To assess this, I looked at how players performed in the plate appearance immediately following their HBP in the same game. (This obviously ignores players who are injured by their HBP and leave the game, but I’m looking for something subtler here.) To evaluate performance, I used wOBA, a rate stat that encapsulates a batter’s overall offensive contributions. There are, however, two obvious effects (and probably other more subtle ones) that mean we can’t only look at the post-HBP wOBA and compare it to league average.

The first is that, ceteris paribus, we expect that a pitcher will do worse the more times he sees a given batter (the so-called “trips through the order penalty”). Since in this context we will never include a batter’s first PA of a game because it couldn’t be preceded by an HBP, we need to adjust for this. The second adjustment is simple selection bias—not every batter has the same likelihood of being hit by a pitch, and if the average batter getting hit by a pitch is better or worse than the overall average batter, we will get a biased estimate of the effect of the HBP. If you don’t care about how I adjusted for this, skip to the next bold text.

I attempted to take those factors into account by computing the expected wOBA as follows.
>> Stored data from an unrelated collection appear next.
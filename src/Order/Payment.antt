-- ===== src/Order/Payment.antt =====
-- `paymentReceived` (order/order.service.ts): what a payment does to the stock, and what it leaves
-- behind when it throws.
pub mod Stock
use nestjs_order_api.Base.{
  ℕ, ◌+◌, String, none, some, List, [], ◌∷◌, ◌-ℤ◌, ◌≡◌, refl, ap, inl, inr, arith, eq_iff,
  Option-cases, Bool-cases, ◌∙◌, if◌then◌else◌, ◌===◌,
}
use nestjs_order_api.Base.Keyed.{find, update, find-update}
use nestjs_order_api.Http.{Exn, ok, err, failure}
use nestjs_order_api.Schema.{Product, Order, OrderItem, OrderView, waiting_for_payment, paid}
use nestjs_order_api.Prisma.{World, Prisma}
use nestjs_order_api.Prisma.Rows.{
  order_key, product_key, items_of, view_order, patch_order, with_status, decrement,
}
use nestjs_order_api.Prisma.Effects.{Oracle}
use nestjs_order_api.Prisma.Laws.{IsPrisma, IsPrisma-eq, documented}
use nestjs_order_api.Services.{guarded, tenant_errors}
use nestjs_order_api.Services.Laws.{tenant_errors-eq}
use nestjs_order_api.Order.Lifecycle.{deduct_stock, payment_received}
use nestjs_order_api.Order.Payment.Stock.{
  demanded, deducted, decrement-decrement, find-deducted, deduct_stock-deducted,
  deduct_stock_others,
}

-- What a payment that succeeds has found and done.
pub record IsPaid {E : Type 0} (id user : String) (w : World E) (v : OrderView) (w' : World E)
    : Type 0 where
  pub order : Order
  pub found : find order_key id w.tables.orders ≡ some order
  pub owned : order.user_id ≡ user
  pub was_waiting : order.status ≡ waiting_for_payment
  pub marked :
      w'.tables.orders ≡ update order_key id (patch_order (with_status paid)) w.tables.orders
  pub deducts :
      (product : String) (r : Product)
      → find product_key product w.tables.products ≡ some r
      → find product_key product w'.tables.products
        ≡ some (decrement (demanded product (items_of w.tables id)) r)
  pub same_items : w'.tables.items ≡ w.tables.items
  pub answer : v ≡ view_order w'.tables (record order { status = paid })

module _ {E : Type 0} (o : Oracle E) where
  payment_received-IsPaid :
      (id user tenant : String) (w : World E) {v : OrderView} {w' : World E}
      → payment_received (documented o) id user tenant w ≡ (ok v, w')
      → IsPaid id user w v w'
  unfolding payment_received documented guarded tenant_errors
  payment_received-IsPaid id user tenant w {v} {w'} h =
      let items = items_of w.tables id in
      let u : World E = record w { env = o.next w.env } in
      let r = deduct_stock (documented o) tenant items u in
      let done = deduct_stock-deducted o tenant items u {x = tt} {w' = r.1} in
      elim (Option-cases (find order_key id w.tables.orders)) [
        | inl missing ↦ absurd (ground arith)
        | inr (order, e) ↦
            let products : w'.tables.products ≡ deducted items w.tables.products =
              ground (arith, done) in
            record {
              order = order;
              found = e;
              owned = ground (arith, eq_iff order.user_id user);
              was_waiting = ground arith;
              marked = ground (arith, done);
              deducts =
                  λ product q f. rw products (find-deducted product items w.tables.products q f);
              same_items = ground (arith, done);
              answer = ground (arith, done);
            }
      ]

  payment_received_failed :
      (id user tenant : String) (w : World E) {e : Exn} {w' : World E}
      → payment_received (documented o) id user tenant w ≡ (err e, w')
      → (w'.tables.orders ≡ w.tables.orders)
        × (w'.tables.items ≡ w.tables.items)
        × (w'.processing ≡ w.processing)
        × (w'.completed ≡ w.completed)
  unfolding payment_received documented guarded tenant_errors
  payment_received_failed id user tenant w {e} {w'} h =
      let u : World E = record w { env = o.next w.env } in
      ground (arith, deduct_stock_others o tenant (items_of w.tables id) u)

  payment_received_half :
      (id user tenant m : String) (w u' : World E) (order : Order)
      → find order_key id w.tables.orders ≡ some order
      → order.user_id ≡ user
      → order.status ≡ waiting_for_payment
      → o.fault w.env ≡ none
      → deduct_stock (documented o) tenant (items_of w.tables id) (record w { env = o.next w.env })
        ≡ (ok tt, u')
      → o.fault u'.env ≡ some m
      → (e : Exn) × (w' : World E) × (payment_received (documented o) id user tenant w
          ≡ (err e, w'))
        × (w'.tables
            ≡ record (w.tables) { products = deducted (items_of w.tables id) w.tables.products })
  unfolding payment_received documented guarded
  payment_received_half id user tenant m w u' order e owned status up run down =
      let done =
        deduct_stock-deducted o tenant (items_of w.tables id) (record w { env = o.next w.env })
          {x = tt} {w' = u'} run in
      let v : World E = record u' { env = o.next u'.env } in
      let (x, thrown) = tenant_errors-eq {A = OrderView} tenant (failure m) v in
      (x, v, ground (arith, eq_iff order.user_id user), ground (arith, done))

module _ {E : Type 0} (o : Oracle E) (p : Prisma E) (laws : IsPrisma o p) where
  -- A payment that succeeds found the caller's own order waiting for payment. It takes from the stock
  -- of every product the quantity of that product over the order's lines, marks the order PAID,
  -- leaves the lines alone, and answers with the order and its lines.
  pub payment_received_success :
      (id user tenant : String) (w : World E) {v : OrderView} {w' : World E}
      → payment_received p id user tenant w ≡ (ok v, w')
      → IsPaid id user w v w'
  payment_received_success id user tenant w h =
      payment_received-IsPaid o id user tenant w (rw (IsPrisma-eq o p laws) at h)

  -- A payment that throws, at whichever step, has changed no order and no line, and queued no message of an
  -- order.
  pub payment_received_failure :
      (id user tenant : String) (w : World E) {e : Exn} {w' : World E}
      → payment_received p id user tenant w ≡ (err e, w')
      → (w'.tables.orders ≡ w.tables.orders)
        × (w'.tables.items ≡ w.tables.items)
        × (w'.processing ≡ w.processing)
        × (w'.completed ≡ w.completed)
  payment_received_failure id user tenant w h =
      payment_received_failed o id user tenant w (rw (IsPrisma-eq o p laws) at h)

  -- The deductions are not undone: if the stock of the caller's waiting order has been deducted and
  -- then the update of the status fails, the call throws, and a second call that succeeds takes the
  -- quantities from the stock once more.
  pub payment_received_retry :
      (id user tenant m : String) (w u' : World E) (order : Order)
      → find order_key id w.tables.orders ≡ some order
      → order.user_id ≡ user
      → order.status ≡ waiting_for_payment
      → o.fault w.env ≡ none
      → deduct_stock p tenant (items_of w.tables id) (record w { env = o.next w.env }) ≡ (ok tt, u')
      → o.fault u'.env ≡ some m
      → (e : Exn) × (w1 : World E) × (payment_received p id user tenant w ≡ (err e, w1))
        × ((v : OrderView) (w2 : World E)
            → payment_received p id user tenant w1 ≡ (ok v, w2)
            → (product : String) (r : Product) → find product_key product w.tables.products ≡ some r
            → find product_key product w2.tables.products
              ≡ some (
                  decrement
                    (demanded product (items_of w.tables id)
                      + demanded product (items_of w.tables id))
                    r))
  payment_received_retry id user tenant m w u' order e owned status up run down =
      let (x, w1, thrown, left) =
        payment_received_half o id user tenant m w u' order e owned status up
          (rw (IsPrisma-eq o p laws) at run) down in
      (
        x,
        w1,
        rw (IsPrisma-eq o p laws) thrown,
        λ v w2 again product r f.
            let same : items_of w1.tables id ≡ items_of w.tables id =
              ap (λ t. items_of t id) left in
            let d = demanded product (items_of w.tables id) in
            let once : find product_key product w1.tables.products ≡ some (decrement d r) =
              rw left (find-deducted product (items_of w.tables id) w.tables.products r f) in
            let twice =
              (payment_received_success id user tenant w1 again).deducts product (decrement d r)
                once in
            twice
            ∙ ap (λ l. some (decrement (demanded product l) (decrement d r))) same
            ∙ ap some (decrement-decrement d d r),
      )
Using Retrosheet play-by-play data for 2004–2012 (the last year I had on hand), for each player with at least 350 PA in a season, I computed their wOBA over all PA that were not that player’s first PA in a given game. (I put the 350 PA condition in to make sure my average wasn’t swayed by low PA players with extreme wOBA values.) I then computed the average wOBA of those players weighted by the number of HBP they had and compared it to the actual post-HBP wOBA put up by this sample of players.

To get a sense of how likely or unlikely any discrepancy would be, I also ran a simulation where I chose random HBPs and then pulled a random plate appearance from the hit batter until I had the same number of post-HBP PA as actually occurred in my nine year sample, then computed the post-HBP wOBA in that simulated world. I ran 1000 simulations and so have some sense of how unlikely the observed post-HBP performance is under the null hypothesis that there’s no difference between post-HBP performance and other performance.
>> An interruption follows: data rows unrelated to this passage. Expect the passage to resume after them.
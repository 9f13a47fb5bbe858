-- ===== src/Order/Machine/Simulation.antt =====
-- About single events: how they move the orders that are there.
use nestjs_order_api.Base.{
  String, none, some, List, [], ◌∷◌, ◌++◌, ◌≡◌, inl, inr, refl, sym, ap, arith, eq_iff,
  Option-cases, Bool-cases, ◌===◌,
}
use mathlib.Core.Path.{subst}
use nestjs_order_api.Base.Keyed.{find, update, find-update, find-append_some}
use nestjs_order_api.Http.{Exn, Result, ok, err}
use nestjs_order_api.Schema.{Order, OrderStatus, pending, waiting_for_payment, paid, complete}
use nestjs_order_api.Prisma.{World, Prisma, Processing, Completed}
use nestjs_order_api.Prisma.Rows.{order_key, OrderData, patch_order, with_status, with_total}
use nestjs_order_api.Prisma.Effects.{Oracle, new_order}
use nestjs_order_api.Prisma.Laws.{IsPrisma, documented}
use nestjs_order_api.Services.{guarded, tenant_errors}
use nestjs_order_api.Order.Cart.{AddItemDto, create_order, add_item_to_order}
use nestjs_order_api.Order.Lifecycle.{checkout_order, payment_received, complete_order}
use nestjs_order_api.Order.Adding.{add_item_to_order_success, add_item_to_order_failure}
use nestjs_order_api.Order.Checkout.{checkout_order_success, checkout_order_failure}
use nestjs_order_api.Order.Payment.{payment_received_success, payment_received_failure}
use nestjs_order_api.Consumer.{deliver_processing, deliver_completed}
use nestjs_order_api.Consumer.Delivery.{
  completion, processed, deliver_completed_once, deliver_processing_once,
}
use nestjs_order_api.Order.Machine.{
  Step, rests, is_priced, is_checked_out, is_paid, is_completed, is_processed, is_finished,
}

-- Each order that is there is still there, after at most one step.
abbrev pub Steps : List Order → List Order → Type 0
Steps before after =
    (id : String) (r : Order)
    → find order_key id before ≡ some r
    → (s : Order) × (find order_key id after ≡ some s) × Step r s

Steps-refl : (orders : List Order) → Steps orders orders
Steps-refl orders id r e = (r, e, rests r)

pub Steps-same : (before after : List Order) → after ≡ before → Steps before after
Steps-same before after e = subst (Steps before) (sym e) (Steps-refl before)

Steps-append : (orders : List Order) (new : Order) → Steps orders (orders ++ new ∷ [])
Steps-append orders new id r e = (r, find-append_some order_key id orders new r e, rests r)

Steps-update :
    (id : String) (d : OrderData) (orders : List Order)
    → ((r : Order) → find order_key id orders ≡ some r → Step r (patch_order d r))
    → Steps orders (update order_key id (patch_order d) orders)
Steps-update id d orders move j r e = elim (Bool-cases (id === j)) [
  | inl same ↦
      let moved = find-update order_key j id (patch_order d) (λ q. refl) orders in
      (patch_order d r, ground (arith), move r (ground (arith, eq_iff id j)))
  | inr other ↦
      let kept = find-update order_key j id (patch_order d) (λ q. refl) orders in
      (r, ground (arith), rests r)
]

-- How all events but `addItemToOrder` leave the orders: as they are, with a new one, or with one that
-- has made a step and has the total that it had.
pub data Change (before after : List Order) : Type 0 where
  unchanged : after ≡ before → Change before after
  appended : (new : Order) → new.total ≡ 0 → after ≡ before ++ new ∷ [] → Change before after
  patched :
      (id : String) (d : OrderData)
      → d.total ≡ none
      → ((r : Order) → find order_key id before ≡ some r → Step r (patch_order d r))
      → after ≡ update order_key id (patch_order d) before
      → Change before after

pub Change-Steps : (before after : List Order) → Change before after → Steps before after
Change-Steps before after (unchanged e) = Steps-same before after e
Change-Steps before after (appended new t e) =
    subst (Steps before) (sym e) (Steps-append before new)
Change-Steps before after (patched id d t move e) =
    subst (Steps before) (sym e) (Steps-update id d before move)

-- The status that one row with a key has, another one has.
same_row :
    (id : String) (orders : List Order) (r s : Order) {status : OrderStatus}
    → find order_key id orders ≡ some r
    → find order_key id orders ≡ some s
    → s.status ≡ status
    → r.status ≡ status
same_row id orders r s e f h = ground arith

module _ {E : Type 0} where
  -- However an action ends, if it rewrites or keeps the orders in each case.
  pub Steps-result :
      {A : Type 0} (before : List Order) (r : Result A × World E)
      → ((a : A) (w : World E) → r ≡ (ok a, w) → Steps before w.tables.orders)
      → ((e : Exn) (w : World E) → r ≡ (err e, w) → w.tables.orders ≡ before)
      → Steps before r.1.tables.orders
  Steps-result before (ok a, w) done thrown = done a w refl
  Steps-result before (err e, w) done thrown = Steps-same before w.tables.orders (thrown e w refl)

  Change-result :
      {A : Type 0} (before : List Order) (r : Result A × World E)
      → ((a : A) (w : World E) → r ≡ (ok a, w) → Change before w.tables.orders)
      → ((e : Exn) (w : World E) → r ≡ (err e, w) → w.tables.orders ≡ before)
      → Change before r.1.tables.orders
  Change-result before (ok a, w) done thrown = done a w refl
  Change-result before (err e, w) done thrown = unchanged (thrown e w refl)

module _ {E : Type 0} (o : Oracle E) where
  pub create_order-Change :
      (user tenant : String) (w : World E)
      → Change w.tables.orders (create_order (documented o) user tenant w).1.tables.orders
  unfolding create_order documented guarded tenant_errors
  create_order-Change user tenant w = elim (Option-cases (o.fault w.env)) [
    | inr (m, down) ↦ unchanged (ground arith)
    | inl up ↦
        let new =
          new_order (o.fresh_id w.env) (o.now w.env)
            (record { user_id = user; status = pending; total = 0 }) in
        appended new refl (ground arith)
  ]

  pub complete_order-Change :
      (id user tenant : String) (w : World E)
      → Change w.tables.orders (complete_order (documented o) id user tenant w).1.tables.orders
  unfolding complete_order documented guarded tenant_errors
  complete_order-Change id user tenant w =
      Change-result w.tables.orders (complete_order (documented o) id user tenant w)
        (λ v w' run.
          patched id (with_status complete) refl (λ r e. is_completed r (ground arith))
            (ground arith))
        (λ x w' run. ground arith)

module _ {E : Type 0} (o : Oracle E) (p : Prisma E) (laws : IsPrisma o p) where
  pub add_item_to_order-Steps :
      (id user tenant : String) (dto : AddItemDto) (w : World E)
      → Steps w.tables.orders (add_item_to_order p id user dto tenant w).1.tables.orders
  add_item_to_order-Steps id user tenant dto w =
      Steps-result w.tables.orders (add_item_to_order p id user dto tenant w)
        (λ v w' run.
          let added = add_item_to_order_success o p laws id user tenant dto w run in
          subst (Steps w.tables.orders) (sym added.rewritten) (
            Steps-update id (with_total _) w.tables.orders (λ r e.
              is_priced r _
                (same_row id w.tables.orders r added.order e added.found added.was_pending))))
        (λ x w' run. (add_item_to_order_failure o p laws id user tenant dto w run).0)

  pub checkout_order-Change :
      (id user tenant : String) (w : World E)
      → Change w.tables.orders (checkout_order p id user tenant w).1.tables.orders
  checkout_order-Change id user tenant w =
      Change-result w.tables.orders (checkout_order p id user tenant w)
        (λ v w' run.
          let done = checkout_order_success o p laws id user tenant w run in
          patched id (with_status waiting_for_payment) refl
            (λ r e.
              is_checked_out r
                (same_row id w.tables.orders r done.order e done.found done.was_pending))
            (ap (λ t. t.orders) done.written))
        (λ x w' run. ap (λ t. t.orders) (checkout_order_failure o p laws id user tenant w run).0)

  pub payment_received-Change :
      (id user tenant : String) (w : World E)
      → Change w.tables.orders (payment_received p id user tenant w).1.tables.orders
  payment_received-Change id user tenant w =
      Change-result w.tables.orders (payment_received p id user tenant w)
        (λ v w' run.
          let done = payment_received_success o p laws id user tenant w run in
          patched id (with_status paid) refl
            (λ r e.
              is_paid r (same_row id w.tables.orders r done.order e done.found done.was_waiting))
            done.marked)
        (λ x w' run. (payment_received_failure o p laws id user tenant w run).0)

  pub deliver_processing-Change :
      (payment : String) (w : World E) (queue : List Processing)
      → w.processing ≡ queue
      → Change w.tables.orders (deliver_processing p payment w).tables.orders
  unfolding deliver_processing
  deliver_processing-Change payment w [] e = unchanged (rw e refl)
  deliver_processing-Change payment w (m ∷ rest) e =
      elim (deliver_processing_once o p laws payment w m rest e) [
        | inl (there, gone, written) ↦
            patched m.order_id (processed payment) refl (λ r f. is_processed r payment)
              (ap (λ t. t.orders) written)
        | inr (back, same) ↦ unchanged (ap (λ t. t.orders) same)
      ]

  pub deliver_completed-Change :
      (w : World E) (queue : List Completed)
      → w.completed ≡ queue
      → Change w.tables.orders (deliver_completed p w).tables.orders
  unfolding deliver_completed
  deliver_completed-Change w [] e = unchanged (rw e refl)
  deliver_completed-Change w (m ∷ rest) e = elim (deliver_completed_once o p laws w m rest e) [
    | inl (there, gone, written) ↦
        patched m.order_id (completion m.transaction_id) refl
          (λ r f. is_finished r m.transaction_id) (ap (λ t. t.orders) written)
    | inr (back, same) ↦ unchanged (ap (λ t. t.orders) same)
  ]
To be honest, though, those adjustments don’t make me super confident that I’ve covered all the necessary bases to find a clean effect—the numbers are still a bit wonky, and this is not such a simple thing to examine that I’m confident I’ve gotten all the noise out. For instance, it doesn’t filter out park or pitcher effects (i.e. selection bias due to facing a worse pitcher, or a pitcher having an off day), both of which play a meaningful role in these performance and probably lead to additional selection biases I don’t control for.
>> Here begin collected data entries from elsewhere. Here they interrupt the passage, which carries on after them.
-- ===== src/Order/Machine/Runs.antt =====
-- About runs of handlers and consumers.
use nestjs_order_api.Base.{ℕ, inl, inr, String, none, some, Option, ◌≡◌, ◌≢◌, refl, ap, ◌∙◌, arith}
use nestjs_order_api.Base.Keyed.{find}
use nestjs_order_api.Http.{Result, ok, err}
use nestjs_order_api.Schema.{Order, pending}
use nestjs_order_api.Prisma.{World, Prisma}
use nestjs_order_api.Prisma.Rows.{order_key, ProductData}
use nestjs_order_api.Prisma.Effects.{Oracle}
use nestjs_order_api.Prisma.Laws.{IsPrisma, IsPrisma-eq, documented}
use nestjs_order_api.Services.{guarded, tenant_errors}
use nestjs_order_api.Rabbit.{Broker, Letter, to_creation, to_processing, to_completed}
use nestjs_order_api.Rabbit.Laws.{IsBroker, posted}
use nestjs_order_api.Rabbit.Publishing.{publish, publish_success, publish_failure}
use nestjs_order_api.Order.Cart.{find_one}
use nestjs_order_api.Order.Lifecycle.{enqueue_order_processing, enqueue_order_completed}
use nestjs_order_api.Product
use nestjs_order_api.Product.{CreateProductDto}
use nestjs_order_api.Order.Machine.{
  Step, rests, is_priced, is_checked_out, is_paid, is_completed, is_processed, is_finished, Moves,
  none_yet, then_, Event, creates, adds, checks_out, pays, completes, asks_processing,
  asks_completion, delivers_processing, delivers_completed, creates_product, updates_product,
  removes_product, shows_order, shows_product, lists_products, handle, IsOther, Event-cases,
  Reached, here, next,
}
use nestjs_order_api.Order.Machine.Simulation.{
  Steps, Change, unchanged, Change-Steps, create_order-Change, complete_order-Change,
  add_item_to_order-Steps, checkout_order-Change, payment_received-Change,
  deliver_processing-Change, deliver_completed-Change,
}

module _ {E : Type 0} (o : Oracle E) where
  create_product_orders :
      (context : Option String) (dto : CreateProductDto) (w : World E)
      → (Product.create (documented o) context dto w).1.tables.orders ≡ w.tables.orders
  unfolding Product.create documented
  create_product_orders none dto w = ground arith
  create_product_orders (some code) dto w = ground arith

  update_product_orders :
      (id tenant : String) (dto : ProductData) (w : World E)
      → (Product.update (documented o) id dto tenant w).1.tables.orders ≡ w.tables.orders
  unfolding Product.update Product.find_one documented guarded tenant_errors
  update_product_orders id tenant dto w = ground arith

  remove_product_orders :
      (id tenant : String) (w : World E)
      → (Product.remove (documented o) id tenant w).1.tables.orders ≡ w.tables.orders
  unfolding Product.remove Product.find_one documented guarded tenant_errors
  remove_product_orders id tenant w = ground arith

  show_order_orders :
      (id user : String) (w : World E)
      → (find_one (documented o) id user w).1.tables.orders ≡ w.tables.orders
  unfolding find_one documented
  show_order_orders id user w = ground arith

  show_product_orders :
      (id tenant : String) (w : World E)
      → (Product.find_one (documented o) id tenant w).1.tables.orders ≡ w.tables.orders
  unfolding Product.find_one documented guarded tenant_errors
  show_product_orders id tenant w = ground arith

  list_products_orders :
      (tenant : String) (page per_page : ℕ) (w : World E)
      → (Product.find_all (documented o) tenant page per_page w).1.tables.orders ≡ w.tables.orders
  unfolding Product.find_all documented guarded tenant_errors
  list_products_orders tenant page per_page w = ground arith

module _ {E : Type 0} (o : Oracle E) (b : Broker E) (laws : IsBroker o b) where
  posted_tables : (m : Letter) (w : World E) → (posted m w).tables ≡ w.tables
  posted_tables (to_creation m) w = refl
  posted_tables (to_processing m) w = refl
  posted_tables (to_completed m) w = refl

  publish_tables :
      (m : Letter) (w : World E) (r : Result (Unit {0}) × World E)
      → publish b m w ≡ r
      → r.1.tables ≡ w.tables
  publish_tables m w (ok x, w') run = (publish_success o b laws m w run).0 ∙ posted_tables m w
  publish_tables m w (err x, w') run = (publish_failure o b laws m w run).0

  asks_processing_orders :
      (p : Prisma E) (id user tenant : String) (w : World E)
      → (enqueue_order_processing p b id user tenant w).1.tables.orders ≡ w.tables.orders
  unfolding enqueue_order_processing
  asks_processing_orders p id user tenant w =
      ap (λ t. t.orders)
        (publish_tables
          (to_processing (record { order_id = id; user_id = user; tenant_code = tenant })) w _ refl)

  asks_completion_orders :
      (id user tenant transaction : String) (w : World E)
      → (enqueue_order_completed (documented o) b id user tenant transaction w).1.tables.orders
        ≡ w.tables.orders
  unfolding enqueue_order_completed documented
  asks_completion_orders id user tenant transaction w =
      let m = to_completed (record {
        order_id = id;
        user_id = user;
        tenant_code = tenant;
        transaction_id = transaction;
      }) in
      ground (
        arith,
        publish_tables m (record w { env = o.next w.env })
            (publish b m (record w { env = o.next w.env })) refl,
      )

module _ {E : Type 0} (o : Oracle E) (p : Prisma E) (laws : IsPrisma o p) (b : Broker E)
    (broker_laws : IsBroker o b) where
  pub handle-Change :
      (e : Event)
      → IsOther e
      → (w : World E) → Change w.tables.orders (handle p b e w).tables.orders
  handle-Change (creates user tenant) _ w =
      rw (IsPrisma-eq o p laws) (create_order-Change o user tenant w)
  handle-Change (adds _ _ _ _) other w = absurd other
  handle-Change (checks_out id user tenant) _ w = checkout_order-Change o p laws id user tenant w
  handle-Change (pays id user tenant) _ w = payment_received-Change o p laws id user tenant w
  handle-Change (completes id user tenant) _ w =
      rw (IsPrisma-eq o p laws) (complete_order-Change o id user tenant w)
  handle-Change (asks_processing id user tenant) _ w =
      unchanged (asks_processing_orders o b broker_laws p id user tenant w)
  handle-Change (asks_completion id user tenant transaction) _ w = unchanged (
      rw (IsPrisma-eq o p laws)
        (asks_completion_orders o b broker_laws id user tenant transaction w))
  handle-Change (delivers_processing payment) _ w =
      deliver_processing-Change o p laws payment w w.processing refl
  handle-Change delivers_completed _ w = deliver_completed-Change o p laws w w.completed refl
  handle-Change (creates_product context dto) _ w =
      unchanged (rw (IsPrisma-eq o p laws) (create_product_orders o context dto w))
  handle-Change (updates_product id tenant dto) _ w =
      unchanged (rw (IsPrisma-eq o p laws) (update_product_orders o id tenant dto w))
  handle-Change (removes_product id tenant) _ w =
      unchanged (rw (IsPrisma-eq o p laws) (remove_product_orders o id tenant w))
  handle-Change (shows_order id user) _ w =
      unchanged (rw (IsPrisma-eq o p laws) (show_order_orders o id user w))
  handle-Change (shows_product id tenant) _ w =
      unchanged (rw (IsPrisma-eq o p laws) (show_product_orders o id tenant w))
  handle-Change (lists_products tenant page per_page) _ w =
      unchanged (rw (IsPrisma-eq o p laws) (list_products_orders o tenant page per_page w))

  pub handle-Steps :
      (e : Event) (w : World E) → Steps w.tables.orders (handle p b e w).tables.orders
  handle-Steps e w = elim (Event-cases e) [
    | inl other ↦ Change-Steps w.tables.orders _ (handle-Change e other w)
    | inr (id, user, tenant, dto, same) ↦
        rw same (add_item_to_order-Steps o p laws id user tenant dto w)
  ]

  -- Whatever events run, calls of the order and product services and deliveries to the order consumers,
  -- in whatever order and wherever the outside world fails: an order that is there stays there, and
  -- what becomes of it is a sequence of the machine's steps.
  pub Reached-Moves :
      {w w' : World E}
      → Reached p b w w'
      → (id : String) (r : Order) → find order_key id w.tables.orders ≡ some r
      → (s : Order) × (find order_key id w'.tables.orders ≡ some s) × Moves r s
  Reached-Moves here id r e = (r, e, none_yet)
  Reached-Moves (next {u} before event) id r e =
      let (s, found, moves) = Reached-Moves before id r e in
      let (t, then_found, step) = handle-Steps event u id s found in
      (t, then_found, then_ moves step)

-- What a step leaves alone.
Step-keeps : {r s : Order} → Step r s → (s.id ≡ r.id) × (s.user_id ≡ r.user_id)
Step-keeps (rests r) = (refl, refl)
Step-keeps (is_priced r n h) = (refl, refl)
Step-keeps (is_checked_out r h) = (refl, refl)
Step-keeps (is_paid r h) = (refl, refl)
Step-keeps (is_completed r h) = (refl, refl)
Step-keeps (is_processed r payment) = (refl, refl)
Step-keeps (is_finished r transaction) = (refl, refl)

Step-placed :
    {r s : Order} → Step r s → r.status ≢ pending → (s.status ≢ pending) × (s.total ≡ r.total)
Step-placed (rests r) placed = (placed, refl)
Step-placed (is_priced r n h) placed = absurd (placed h)
Step-placed (is_checked_out r h) placed = absurd (placed h)
Step-placed (is_paid r h) placed = ground arith
Step-placed (is_completed r h) placed = ground arith
Step-placed (is_processed r payment) placed = ground arith
Step-placed (is_finished r transaction) placed = ground arith

Moves-placed :
    {r s : Order}
    → Moves r s
    → r.status ≢ pending
    → (s.status ≢ pending) × (s.total ≡ r.total) × (s.user_id ≡ r.user_id)
Moves-placed none_yet placed = (placed, refl, refl)
Moves-placed (then_ moves step) placed =
    let (still, total, user) = Moves-placed moves placed in
    let (again, kept) = Step-placed step still in (again, kept ∙ total, (Step-keeps step).1 ∙ user)

module _ {E : Type 0} (o : Oracle E) (p : Prisma E) (laws : IsPrisma o p) (b : Broker E)
    (broker_laws : IsBroker o b) where
  -- An order that has left PENDING is never PENDING again, and keeps its total and its owner, whatever
  -- events run after that, calls of the order and product services and deliveries to the order
  -- consumers, and however they end.
  pub placed_for_good :
      {w w' : World E}
      → Reached p b w w'
      → (id : String) (r : Order) → find order_key id w.tables.orders ≡ some r
      → r.status ≢ pending
      → (s : Order) × (find order_key id w'.tables.orders ≡ some s)
        × (s.status ≢ pending)
        × (s.total ≡ r.total)
        × (s.user_id ≡ r.user_id)
  placed_for_good run id r e placed =
      let (s, found, moves) = Reached-Moves o p laws b broker_laws run id r e in
      let (placed_still, total, user) = Moves-placed moves placed in
      (s, found, placed_still, total, user)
With all those caveats out of the way, what do we see? In the data, we have an expected post-HBP wOBA of .3464 and an actual post-HBP wOBA of .3423, for an observed difference of about 4 points of wOBA, which is a small but non-negligible difference. However, it’s in the 24th percentile of outcomes according to the simulation, which indicates there’s a hefty chance that it’s randomness. (Though league average wOBA changed noticeably over the time period I examined, I did some sensitivities and am fairly confident those changes aren’t covering up a real result.)

The main thing (beyond the aforementioned haziness in this analysis) that makes me believe there might be an effect is that the post-walk effect is actually a 2.7 point (i.e. 0.0027) increase in wOBA. If we think that boost is due to pitcher wildness then we would expect the same thing to pop up for the post-HBP plate appearances, and the absence of such an increase suggests that there is a hangover effect. However, to conclude from that that there is a post-HBP swoon seems to be an unreasonably baroque chain of logic given the rest of the evidence, so I’m content to let it go for now.

The main takeaway from all of this is that there’s an observed decrease in expected performance after an HBP, but it’s not particularly large and doesn’t seem likely to have any predictive value. I’m open to the idea that a more sophisticated simulator that includes pitcher and park effects could help detect this effect, but I expect that even if the post-HBP hangover is a real thing, it doesn’t have a major impact.